Background

A giant cedar tree

British Columbia has the world's only temperate inland rainforest, all of which is found in the Columbia Mountains. The interior wet belt owes its wetness to weather systems that come from the Pacific Ocean and rise over the Columbia Mountains. The result is moist to wet forests, predominantly old growth, similar in composition and structure to coastal rain forests. Mount Revelstoke and Glacier National Parks are part of a band of old growth forests that extend from the US border north to Wells Gray Provincial Park. Forests to the east and west are drier, in the rain shadows of the Coastal and Columbia Mountains, with a greater frequency of fire. Inland rainforests are limited to the wetter portions of the Interior Cedar Hemlock Ecozone (ICH).

Rainforest conditions develop inland as a result of plentiful snow melt during the early part of the growing season and a peak of rainfall during the middle of the growing season. These humid conditions enable the development of a unique vegetation community that contains many oceanic elements, of which many species of are restricted to old growth forests. Old growth ICH forests are dominated by Western Red Cedar and Western Hemlock at low elevations, with riparian hybrid White Spruce. At mid-elevations, Engelmann Spruce and Subalpine Fir (ESSF Ecozone) dominate the stand, with Mountain Hemlock in some areas.
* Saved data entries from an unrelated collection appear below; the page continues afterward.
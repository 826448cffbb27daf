-- ===== src/Accountant/Engine/Exact.antt =====
-- The rows of an allocated reward come to the reward (accountant/src/allocation.rs).
use katpool.Base.{
  ℕ, suc, ◌≤◌, ◌≡◌, refl, ap, sym, ◌∙◌, inl, inr, false, not, ◌||◌, Option, List, [], ◌∷◌, ◌++◌,
  length, All, Result, ok, err, ◌>>=◌, >>=-eq-ok, ok_inj, ok_or, map_err, map_err-ok, ok_or-ok,
  Bool-cases, arith,
}
use katpool.Base.Float.{Float}
use katpool.Base.Int.{ℤ, pos, ◌+ℤ◌}
use katpool.Base.Word.{i64_max, sub_sat_i64}
use katpool.Accountant.Fee.{WalletTier, FeeConfig, Allocation, new, compute_allocation}
use katpool.Accountant.Allocation.{
  AllocationEngineError, db, math, unknown_reward, invalid_window_weight, Portion, smallest_wallet,
  ShareWindow, award_residue, portions_of, classify_wallets, compute_allocations, allocate_portions,
  divide_reward, prorated_sum,
}
use katpool.Accountant.Allocation.Conservation.{
  allocated_sum, classify_wallets-length, allocate_reward-conserves,
}
use katpool.Accountant.Ledger.{
  lock_for_allocation, ShareRollup, close_window, list_for_window, ShareAllocation, insert_batch,
}
use katpool.Accountant.Engine
use katpool.Accountant.Engine.Effects.{
  is_allocated, allocated_of, rows_of, insert_batch-eq, new_rows-reward, rows_of-append,
}
use katpool.Accountant.Engine.Once.{NoRows}

compute_allocations-length :
    (fee : FeeConfig) (ps : List Portion) (tiers : List WalletTier) {allocations : List Allocation}
    → length tiers ≡ length ps
    → compute_allocations fee ps tiers ≡ ok allocations
    → length allocations ≡ length ps
unfolding compute_allocations
compute_allocations-length fee [] tiers same h = ap length (sym (ok_inj h))
compute_allocations-length fee (p ∷ ps) [] same h = absurd (omega (arith, same))
compute_allocations-length fee (p ∷ ps) (tier ∷ tiers) same h =
    let (first, _, h1) = >>=-eq-ok (map_err math (compute_allocation fee p.gross tier)) _ h in
    let (rest, e, h2) = >>=-eq-ok (compute_allocations fee ps tiers) _ h1 in
    ap length (sym (ok_inj h2))
    ∙ ap suc (compute_allocations-length fee ps tiers (omega (arith, same)) e)

allocate_portions-length :
    (fee : FeeConfig) (address_of : ℕ → Option ℕ) (classify : ℕ → Option WalletTier)
    (ps : List Portion) {allocations : List Allocation}
    → allocate_portions fee address_of classify ps ≡ ok allocations
    → length allocations ≡ length ps
unfolding allocate_portions
allocate_portions-length fee address_of classify ps h =
    let (tiers, e, k) = >>=-eq-ok (classify_wallets address_of classify ps) _ h in
    compute_allocations-length fee ps tiers (classify_wallets-length address_of classify ps e) k

award_residue-length :
    (id : ℕ) (residue : ℤ) (ps : List Portion) → length (award_residue id residue ps) ≡ length ps
unfolding award_residue
award_residue-length id residue [] = refl
award_residue-length id residue (p ∷ ps) = ground (arith, award_residue-length id residue ps)

module _ (fl : Float) where
  open fl use {F, zero_f, le_f, is_finite}

  portions_of-length :
      (reward : ℕ) (total : F) (ws : List (ShareWindow fl))
      → length (portions_of fl reward total ws) ≡ length ws
  unfolding portions_of
  portions_of-length reward total [] = refl
  portions_of-length reward total (w ∷ ws) = ap suc (portions_of-length reward total ws)

  divide_reward-length :
      (reward : ℕ) (total : F) (ws : List (ShareWindow fl))
      → length (divide_reward fl reward total ws) ≡ length ws
  unfolding divide_reward
  divide_reward-length reward total [] = refl
  divide_reward-length reward total (w ∷ ws) =
      award_residue-length (smallest_wallet w.window_wallet (portions_of fl reward total ws))
        (sub_sat_i64 (pos reward) (pos (prorated_sum fl reward total (w ∷ ws))))
        (portions_of fl reward total (w ∷ ws))
      ∙ portions_of-length reward total (w ∷ ws)

  -- what the rows come to: fees, accruals and payouts
  abbrev pub split_sum : List (ShareAllocation fl) → ℤ
  split_sum [] = pos 0
  split_sum (r ∷ rs) =
      (r.split.pool_fee_sompi +ℤ r.split.nacho_accrual_sompi +ℤ r.split.net_payout_sompi)
      +ℤ split_sum rs

  new_rows-sum :
      (id : ℕ) (total : F) (ws : List (ShareWindow fl)) (allocations : List Allocation)
      → length allocations ≡ length ws
      → split_sum (Engine.new_rows fl id total ws allocations) ≡ allocated_sum allocations
  unfolding Engine.new_rows Engine.stored_split
  new_rows-sum id total [] [] same = refl
  new_rows-sum id total [] (a ∷ rest) same = absurd (omega (arith, same))
  new_rows-sum id total (w ∷ ws) [] same = absurd (omega (arith, same))
  new_rows-sum id total (w ∷ ws) (a ∷ rest) same =
      ap (λ s. (a.pool_fee_sompi +ℤ a.nacho_accrual_sompi +ℤ a.net_payout_sompi) +ℤ s)
        (new_rows-sum id total ws rest (omega (arith, same)))

  rows_of-own :
      (id : ℕ) (rows : List (ShareAllocation fl))
      → All (λ r. r.coinbase_reward_id ≡ id) rows
      → rows_of fl id rows ≡ rows
  unfolding rows_of
  rows_of-own id [] h = refl
  rows_of-own id (r ∷ rows) h = ground (arith, rows_of-own id rows h.1)

  -- what holds of the rows when the outcome is an allocation
  Exact : ℕ → ℕ → Result AllocationEngineError (Engine.Books fl × Engine.AllocationOutcome) → Type 0
  Exact id reward r =
      (b' : Engine.Books fl) (n : ℕ) (t : Engine.Totals) (residue : ℤ)
      → r ≡ ok (b', Engine.allocated n t residue)
      → split_sum (rows_of fl id b'.allocations) ≡ pos reward

  gate-Exact :
      (id reward : ℕ) (b : Engine.Books fl)
      (fresh : Result AllocationEngineError (Engine.Books fl × Engine.AllocationOutcome))
      → (is_allocated id b.rewards ≡ false → Exact id reward fresh)
      → Exact id reward (Engine.gate fl id b fresh)
  unfolding Engine.gate Exact is_allocated
  gate-Exact id reward b fresh step b' n t residue h =
      let (r, e, k) =
        >>=-eq-ok (ok_or (lock_for_allocation id b.rewards) (unknown_reward id)) _ h in
      let found = ok_or-ok (lock_for_allocation id b.rewards) (unknown_reward id) e in
      elim (Bool-cases r.allocated) [
        | inl done ↦ absurd (ground (arith, ap (λ p. p.1) (ok_inj (rw done at k))))
        | inr open' ↦ step (ap allocated_of found ∙ open') b' n t residue (rw open' at k)
      ]

  refused-Exact : (id reward : ℕ) (e : AllocationEngineError) → Exact id reward (err e)
  unfolding Exact
  refused-Exact id reward e b' n t residue h = cc

  retained-Exact :
      (id reward : ℕ) (b : Engine.Books fl)
      → Exact id reward (ok (Engine.retain_reward fl id reward b))
  unfolding Exact
  retained-Exact id reward b b' n t residue h = absurd (ground (arith, ap (λ p. p.1) (ok_inj h)))

  bound-Exact :
      (id reward : ℕ) (first : Result AllocationEngineError (List Allocation))
      (rest : List Allocation
        → Result AllocationEngineError (Engine.Books fl × Engine.AllocationOutcome))
      → ((a : List Allocation) → first ≡ ok a → Exact id reward (rest a))
      → Exact id reward (first >>= rest)
  bound-Exact id reward (err e) rest step = refused-Exact id reward e
  bound-Exact id reward (ok a) rest step = step a refl

  module _ (fee : FeeConfig) (address_of : ℕ → Option ℕ) (classify : ℕ → Option WalletTier) where
    fresh-Exact :
        (id reward bps : ℕ) (w : ShareWindow fl) (ws : List (ShareWindow fl)) (b : Engine.Books fl)
        (allocations : List Allocation) (extra : ℤ)
        → NoRows fl b
        → new bps ≡ ok fee
        → reward ≤ i64_max
        → prorated_sum fl reward (Engine.weight_sum fl zero_f (w ∷ ws)) (w ∷ ws) ≤ i64_max
        → allocate_portions fee address_of classify
            (divide_reward fl reward (Engine.weight_sum fl zero_f (w ∷ ws)) (w ∷ ws))
          ≡ ok allocations
        → is_allocated id b.rewards ≡ false
        → Exact id reward (
            Engine.write_fresh fl id
              (Engine.weight_sum fl zero_f (w ∷ ws))
              (w ∷ ws)
              allocations
              extra
              b)
    unfolding Engine.write_fresh Exact
    fresh-Exact id reward bps w ws b allocations extra none_yet valid small small' split open' b' n
          t residue h =
        let total = Engine.weight_sum fl zero_f (w ∷ ws) in
        let new = Engine.new_rows fl id total (w ∷ ws) allocations in
        let (rows, e1, h1) = >>=-eq-ok (map_err db (insert_batch fl new b.allocations)) _ h in
        let (accruals, e2, h2) =
          >>=-eq-ok (map_err db (Engine.accrue_all fl (w ∷ ws) allocations b.accruals)) _ h1 in
        let same : length allocations ≡ length (w ∷ ws) =
          allocate_portions-length fee address_of classify _ split
          ∙ divide_reward-length reward total (w ∷ ws) in
        let own : rows_of fl id rows ≡ new =
          ap (rows_of fl id) (insert_batch-eq fl new b.allocations (map_err-ok db _ e1))
          ∙ rows_of-append fl id b.allocations new
          ∙ ap (λ old. old ++ rows_of fl id new) (none_yet id open')
          ∙ rows_of-own id new (new_rows-reward fl id total (w ∷ ws) allocations) in
        ap (λ p. split_sum (rows_of fl id p.0.allocations)) (sym (ok_inj h2))
        ∙ ap split_sum own
        ∙ new_rows-sum id total (w ∷ ws) allocations same
        ∙ allocate_reward-conserves fl bps fee address_of classify reward total w ws valid small
            small' split

    commit-Exact :
        (id reward : ℕ) (l : Engine.Ledger fl)
        (r : Result AllocationEngineError (Engine.Books fl × Engine.AllocationOutcome)) {n : ℕ}
        {t : Engine.Totals} {residue : ℤ}
        → Exact id reward r
        → (Engine.commit fl fee address_of classify l r).1 ≡ ok (Engine.allocated n t residue)
        → split_sum
            (rows_of fl id (Engine.commit fl fee address_of classify l r).0.books.allocations)
          ≡ pos reward
    unfolding Engine.commit Exact
    commit-Exact id reward l (err e) exact h = cc
    commit-Exact id reward l (ok (b, o)) {n} {t} {residue} exact h =
        exact b n t residue (ap (λ x. ok (b, x)) (ok_inj h))

    closed-Exact :
        (id reward bps : ℕ) (ws : List (ShareWindow fl)) (b : Engine.Books fl)
        → NoRows fl b
        → new bps ≡ ok fee
        → reward ≤ i64_max
        → prorated_sum fl reward (Engine.weight_sum fl zero_f ws) ws ≤ i64_max
        → Exact id reward (Engine.allocate_closed fl fee address_of classify id reward ws b)
    unfolding Engine.allocate_closed Engine.allocate_rows Engine.finalise_empty
    closed-Exact id reward bps [] b none_yet valid small small' =
        gate-Exact id reward b _ (λ _. retained-Exact id reward b)
    closed-Exact id reward bps (w ∷ ws) b none_yet valid small small' =
        let total = Engine.weight_sum fl zero_f (w ∷ ws) in
        elim (Bool-cases (not (is_finite total) || le_f total zero_f)) [
          | inl e ↦ rw e (refused-Exact id reward invalid_window_weight)
          | inr e ↦ rw e (
              bound-Exact id reward
                (allocate_portions fee address_of classify (divide_reward fl reward total (w ∷ ws)))
                _
                (λ allocations split. gate-Exact id reward b _ (
                  fresh-Exact id reward bps w ws b allocations _ none_yet valid small small'
                    split)))
        ]

    -- When the outcome is an allocation, the fees, the accruals and the payouts of the reward's rows come
    -- to the reward exactly, however floats round: for a validated topline fee, a reward in the range of
    -- an i64, books without a row of a reward that is not allocated, and windows whose proportional
    -- shares sum to an i64.
    pub allocate_coinbase_reward-exact :
        (id reward bps daa_start daa_end : ℕ) (l : Engine.Ledger fl)
        (windows : List (ShareRollup fl)) {n : ℕ} {t : Engine.Totals} {residue : ℤ}
        → NoRows fl l.books
        → new bps ≡ ok fee
        → reward ≤ i64_max
        → close_window fl daa_start daa_end l.shares l.windows ≡ ok windows
        → prorated_sum fl reward
            (Engine.weight_sum fl zero_f (list_for_window fl daa_start daa_end windows))
            (list_for_window fl daa_start daa_end windows)
          ≤ i64_max
        → (Engine.allocate_coinbase_reward fl fee address_of classify id
            (pos reward)
            daa_start
            daa_end
            l).1
          ≡ ok (Engine.allocated n t residue)
        → split_sum (
            rows_of fl id
              (Engine.allocate_coinbase_reward fl fee address_of classify id
                (pos reward)
                daa_start
                daa_end
                l).0.books.allocations)
          ≡ pos reward
    unfolding Engine.allocate_coinbase_reward
    allocate_coinbase_reward-exact id reward bps daa_start daa_end l windows none_yet valid small
          closed small' =
        rw closed (
          commit-Exact id reward (Engine.with_windows fl windows l) _ (
            closed-Exact id reward bps (list_for_window fl daa_start daa_end windows) l.books
              none_yet valid small small'))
Natural Disturbance Regimes

Devil's Club
Old growth inland rainforests, dominated by Western Red Cedar and Western Hemlock, closely resemble coastal temperate rainforests.
Old growth inland rainforests, dominated by Western Red Cedar and Western Hemlock, closely resemble coastal temperate rainforests in the complexity of their architecture, in the lushness of their respective under stories, and abundant epiphytes. However, observations on size and age structure of trees reveal striking differences in regeneration dynamics. The proportion of area disturbed catastrophically by fire, wind, insects, or avalanches is much greater in inland rainforests.
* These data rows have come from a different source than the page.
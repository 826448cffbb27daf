-- ===== src/Accountant/Fee/Env.antt =====
-- Reading the topline fee from the environment (accountant/src/config.rs). A text is the list of
-- its bytes; `u16::from_str` is Rust's: an optional `+`, then at least one digit, in range.
use katpool.Base.{
  ℕ, ◌+◌, ◌-◌, ◌*◌, ◌≤◌, ◌≡◌, Bool, ◌&&◌, if◌then◌else◌, leb, ◌==◌, List, [], ◌∷◌, Option, none,
  some, arith, Result, ok, err, ◌>>=◌, ok_or, >>=-eq-ok,
}
use katpool.Accountant.Fee.{
  FeeConfig, ConfigError, not_unicode, not_u16, new, max_topline_bps, default_topline_bps,
}

-- What `std::env::var` returns.
pub data Lookup : Type 0 where
  value : List ℕ → Lookup
  not_present not_valid_unicode : Lookup

is_digit : ℕ → Bool
is_digit c = leb b'0' c && leb c b'9'

-- the digits so far, in range; `none` is a parse error
u16_digits : ℕ → List ℕ → Option ℕ
unfolding is_digit
u16_digits acc [] = some acc
u16_digits acc (c ∷ cs) =
    let rest = u16_digits (acc * 10 + (c - b'0')) cs in
    if is_digit c && leb (acc * 10 + (c - b'0')) 65_535 then rest else none

u16_of_digits : List ℕ → Option ℕ
u16_of_digits [] = none
u16_of_digits (c ∷ cs) = u16_digits 0 (c ∷ cs)

unfoldable u16_from_str : List ℕ → Option ℕ
unfolding u16_of_digits u16_digits
u16_from_str [] = none
u16_from_str (c ∷ cs) = if c == b'+' then u16_of_digits cs else u16_of_digits (c ∷ cs)

unfoldable pub parse_bps : List ℕ → Result ConfigError ℕ
unfolding u16_from_str
parse_bps raw = ok_or (u16_from_str raw) not_u16

unfoldable looked_up_bps : Lookup → Result ConfigError ℕ
looked_up_bps (value raw) = parse_bps raw
looked_up_bps not_present = ok default_topline_bps
looked_up_bps not_valid_unicode = err not_unicode

-- `FeeConfig::from_lookup`, given what the lookup returned
unfoldable pub from_lookup : Lookup → Result ConfigError FeeConfig
unfolding looked_up_bps
from_lookup found = looked_up_bps found >>= new

-- A configuration that loads was accepted by `new` at some value, and so has a topline fee of at
-- most ten percent, whatever the environment held.
pub from_lookup-bounded :
    (found : Lookup) (cfg : FeeConfig)
    → from_lookup found ≡ ok cfg
    → (new cfg.topline_bps ≡ ok cfg) × (cfg.topline_bps ≤ max_topline_bps)
unfolding from_lookup new
from_lookup-bounded found cfg h =
    let (bps, _, e) = >>=-eq-ok (looked_up_bps found) new h in ground arith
Unlike the coast, where windstorms and blowdown are the main stand replacing agents, occasional summer droughts and lightning storms result in infrequent, moderate intensity fires. In resulting early seral stands in the ICH, tree species diversity is very high, second only to the coast. Regeneration is frequently brush dominated, including alder, Douglas Maple, Thimbleberry, Red Raspberry, and bracken for decades, followed by gradual regeneration to a complex mix of early seral species, often with a major deciduous component, including Paper Birch, Douglas Fir, Trembling Aspen, cottonwood (in riparian areas) alder, Red Osier Dogwood, Mountain Ash. By the time a stand is old growth (200 plus years), most of the early seral species have dropped out, giving rise once again to cedar and hemlock dominated stands.
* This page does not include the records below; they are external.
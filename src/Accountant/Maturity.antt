-- ===== src/Accountant/Maturity.antt =====
-- The maturity tracker (accountant/src/maturity.rs): one sweep over the submitted blocks and over the
-- coins that are credited to the pool. The node's answers are arguments; an answer that fails is an
-- error. An error that the loop only logs and counts leaves the tables.
pub mod Sweep
pub mod Recorded
pub mod Colour
use katpool.Base.{
  ℕ, suc, ◌+◌, ◌-◌, Bool, true, false, not, if◌then◌else◌, ltb, leb, Option, none, some, List, [],
  ◌∷◌, ◌++◌, Result, ok, err, ◌>>=◌,
}
use katpool.Base.Float.{Float}
use katpool.Base.Int.{pos}
use katpool.Base.Word.{add_sat_u64, i64_of_u64}
use katpool.Accountant.Fee.{WalletTier, FeeConfig}
use katpool.Accountant.Allocation.{AllocationEngineError}
use katpool.Accountant.Ledger.{
  Share, CoinbaseReward, EnsureOutcome, inserted, already_existed, ensure_reward, list_unallocated,
}
use katpool.Accountant.Engine.{
  Books, Ledger, with_books, AllocationOutcome, allocated, already_allocated,
  no_contributing_wallets, allocate_coinbase_reward,
}
use katpool.Accountant.Blocks
use katpool.Accountant.Blocks.{Block, list_submitted}

pub data KaspadError : Type 0 where
  transport malformed : KaspadError

pub data BlockColor : Type 0 where
  blue red not_yet_merged : BlockColor

pub record CoinbaseUtxo : Type 0 where
  pub transaction_id : ℕ
  pub index : ℕ
  pub amount_sompi : ℕ
  pub block_daa_score : ℕ

-- what one sweep asks of the node
pub record KaspadClient : Type 0 where
  pub virtual_daa_score : Result KaspadError ℕ
  pub block_color : ℕ → Result KaspadError BlockColor
  pub pool_coinbase_utxos : Result KaspadError (List CoinbaseUtxo)

pub record MaturityConfig : Type 0 where
  pub coinbase_maturity : ℕ
  pub window_daa_span : ℕ
  pub batch_size : ℕ
  pub coinbase_min_daa_score : ℕ

pub record SweepStats : Type 0 where
  pub confirmed_blue : ℕ
  pub orphaned : ℕ
  pub blocks_waiting : ℕ
  pub rewards_discovered : ℕ
  pub rewards_allocated : ℕ
  pub rewards_empty : ℕ
  pub errors : ℕ
  pub rewards_skipped_below_floor : ℕ

abbrev pub no_stats : SweepStats
no_stats = record {
  confirmed_blue = 0;
  orphaned = 0;
  blocks_waiting = 0;
  rewards_discovered = 0;
  rewards_allocated = 0;
  rewards_empty = 0;
  errors = 0;
  rewards_skipped_below_floor = 0;
}

pub data BlockOutcome : Type 0 where
  confirmed orphan still_waiting : BlockOutcome

-- The depth is computed with a checked subtraction.
unfoldable pub is_mature : ℕ → ℕ → ℕ → Bool
is_mature virtual_daa_score block_daa_score coinbase_maturity =
    if leb block_daa_score virtual_daa_score
    then leb coinbase_maturity (virtual_daa_score - block_daa_score)
    else false

-- the `match` of `process_submitted` on the node's answer
unfoldable pub resolve :
    MaturityConfig
    → ℕ
    → Block
    → Result KaspadError BlockColor
    → List Block
    → List Block × Result KaspadError BlockOutcome
resolve cfg daa blk (err e) blocks = (blocks, err e)
resolve cfg daa blk (ok blue) blocks =
    (Blocks.mark_confirmed_blue blk.hash none blocks, ok confirmed)
resolve cfg daa blk (ok red) blocks = (Blocks.mark_orphaned blk.hash blocks, ok orphan)
resolve cfg daa blk (ok not_yet_merged) blocks =
    if leb (add_sat_u64 blk.daa_score cfg.coinbase_maturity) daa
    then (Blocks.mark_orphaned blk.hash blocks, ok orphan)
    else (blocks, ok still_waiting)

unfoldable pub process_submitted :
    MaturityConfig
    → KaspadClient
    → ℕ
    → Block
    → List Block
    → List Block × Result KaspadError BlockOutcome
unfolding resolve
process_submitted cfg node daa blk blocks = resolve cfg daa blk (node.block_color blk.hash) blocks

abbrev pub count_block : Result KaspadError BlockOutcome → SweepStats → SweepStats
count_block (ok confirmed) s = record s { confirmed_blue = s.confirmed_blue + 1 }
count_block (ok orphan) s = record s { orphaned = s.orphaned + 1 }
count_block (ok still_waiting) s = record s { blocks_waiting = s.blocks_waiting + 1 }
count_block (err e) s = record s { errors = s.errors + 1 }

-- the loop of `sweep_blocks` over the blocks that were listed
unfoldable pub sweep_listed :
    MaturityConfig
    → KaspadClient
    → ℕ
    → List Block
    → List Block × SweepStats
    → List Block × SweepStats
unfolding process_submitted
sweep_listed cfg node daa [] out = out
sweep_listed cfg node daa (blk ∷ active) (blocks, stats) =
    let (blocks', r) = process_submitted cfg node daa blk blocks in
    sweep_listed cfg node daa active (blocks', count_block r stats)

unfoldable pub sweep_blocks :
    MaturityConfig → KaspadClient → ℕ → List Block → SweepStats → List Block × SweepStats
unfolding sweep_listed
sweep_blocks cfg node daa blocks stats =
    sweep_listed cfg node daa (list_submitted cfg.batch_size blocks) (blocks, stats)

module _ (fl : Float) where
  pub record Pool : Type 0 where
    pub ledger : Ledger fl
    pub blocks : List Block
    pub last_reward_id : ℕ

  abbrev pub with_rewards : List CoinbaseReward → Pool → Pool
  with_rewards rewards p = record p {
    ledger = with_books fl (record (p.ledger.books) { rewards = rewards }) p.ledger;
    last_reward_id = suc p.last_reward_id;
  }

  abbrev pub count_ensured : EnsureOutcome → SweepStats → SweepStats
  count_ensured inserted s = record s { rewards_discovered = s.rewards_discovered + 1 }
  count_ensured already_existed s = s

  -- the sequence gives out an id on a conflict too
  unfoldable pub record_reward : CoinbaseUtxo → Option ℕ → Pool × SweepStats → Pool × SweepStats
  record_reward utxo none (p, s) = (p, record s { errors = s.errors + 1 })
  record_reward utxo (some amount) (p, s) =
      let (rewards, outcome) =
        ensure_reward (suc p.last_reward_id) utxo.transaction_id utxo.index amount
          utxo.block_daa_score p.ledger.books.rewards in
      (with_rewards rewards p, count_ensured outcome s)

  -- the first loop of `sweep_rewards`, at one coin
  unfoldable pub discover :
      MaturityConfig → ℕ → CoinbaseUtxo → Pool × SweepStats → Pool × SweepStats
  unfolding record_reward
  discover cfg daa utxo (p, s) =
      if not (is_mature daa utxo.block_daa_score cfg.coinbase_maturity)
      then (p, s)
      else if ltb utxo.block_daa_score cfg.coinbase_min_daa_score
      then (p, record s { rewards_skipped_below_floor = s.rewards_skipped_below_floor + 1 })
      else record_reward utxo (i64_of_u64 utxo.amount_sompi) (p, s)

  unfoldable pub discover_all :
      MaturityConfig → ℕ → List CoinbaseUtxo → Pool × SweepStats → Pool × SweepStats
  discover_all cfg daa [] out = out
  discover_all cfg daa (utxo ∷ utxos) out = discover_all cfg daa utxos (discover cfg daa utxo out)

  abbrev pub count_allocation :
      Result AllocationEngineError AllocationOutcome → SweepStats → SweepStats
  count_allocation (ok (allocated n t residue)) s = record s {
    rewards_allocated = s.rewards_allocated + 1;
  }
  count_allocation (ok (no_contributing_wallets r)) s = record s {
    rewards_empty = s.rewards_empty + 1;
  }
  count_allocation (ok already_allocated) s = s
  count_allocation (err e) s = record s { errors = s.errors + 1 }

  module _ (fee : FeeConfig) (address_of : ℕ → Option ℕ) (classify : ℕ → Option WalletTier)
      (cfg : MaturityConfig) where
    -- the window of a reward ends at its block
    unfoldable pub allocate_reward :
        CoinbaseReward → Ledger fl → Ledger fl × Result AllocationEngineError AllocationOutcome
    allocate_reward reward l =
        allocate_coinbase_reward fl fee address_of classify reward.id (pos reward.amount_sompi)
          (reward.block_daa_score - cfg.window_daa_span) reward.block_daa_score l

    unfoldable pub allocate_all : List CoinbaseReward → Pool × SweepStats → Pool × SweepStats
    unfolding allocate_reward
    allocate_all [] out = out
    allocate_all (reward ∷ pending) (p, s) =
        let (l, r) = allocate_reward reward p.ledger in
        allocate_all pending (record p { ledger = l }, count_allocation r s)

    -- `sweep_rewards` behind the node's answer
    unfoldable pub sweep_utxos : ℕ → List CoinbaseUtxo → Pool × SweepStats → Pool × SweepStats
    unfolding discover_all allocate_all
    sweep_utxos daa utxos out =
        let found = discover_all cfg daa utxos out in
        allocate_all (list_unallocated cfg.batch_size found.0.ledger.books.rewards) found

    -- the pool as it is left, and the counters or the error
    unfoldable pub sweep_rewards :
        ℕ
        → Result KaspadError (List CoinbaseUtxo)
        → Pool × SweepStats
        → Pool × Result KaspadError SweepStats
    unfolding sweep_utxos
    sweep_rewards daa (err e) (p, s) = (p, err e)
    sweep_rewards daa (ok utxos) out = let (p, s) = sweep_utxos daa utxos out in (p, ok s)

    unfoldable pub sweep_at :
        KaspadClient → Result KaspadError ℕ → Pool → Pool × Result KaspadError SweepStats
    unfolding sweep_blocks sweep_rewards
    sweep_at node (err e) p = (p, err e)
    sweep_at node (ok daa) p =
        let (blocks, s) = sweep_blocks cfg node daa p.blocks no_stats in
        sweep_rewards daa node.pool_coinbase_utxos (record p { blocks = blocks }, s)

    unfoldable pub run_once : KaspadClient → Pool → Pool × Result KaspadError SweepStats
    unfolding sweep_at
    run_once node p = sweep_at node node.virtual_daa_score p

    -- the shares that the consumer has credited in the meantime
    abbrev pub credit : List (Share fl) → Pool → Pool
    credit shares p = record p {
      ledger = record {
        shares = p.ledger.shares ++ shares;
        windows = p.ledger.windows;
        books = p.ledger.books;
      };
    }

    -- `run_loop` over what the node answers sweep by sweep, each with the shares credited before it; an
    -- error is retried with the next
    unfoldable pub run_loop : List (KaspadClient × List (Share fl)) → Pool → Pool
    unfolding run_once
    run_loop [] p = p
    run_loop ((node, shares) ∷ ticks) p = run_loop ticks (run_once node (credit shares p)).0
At mid-elevations, where lightning strikes are more frequent, heavy snow and shrub regeneration often inhibits tree regrowth for even lengthier periods following fire (60 to 100 years). White-flowered Rhododendron, Black Huckleberry and Fireweed are common. Older mid-elevation burns and cut overs in this area are renowned for their berry production and importance to grizzly bears. Eventually Subalpine Fir and Engelmann Spruce form open stands of older forest covered in brown (Bryoria) and green (Alectoria) hair lichens, with a well developed shrub and herb understorey.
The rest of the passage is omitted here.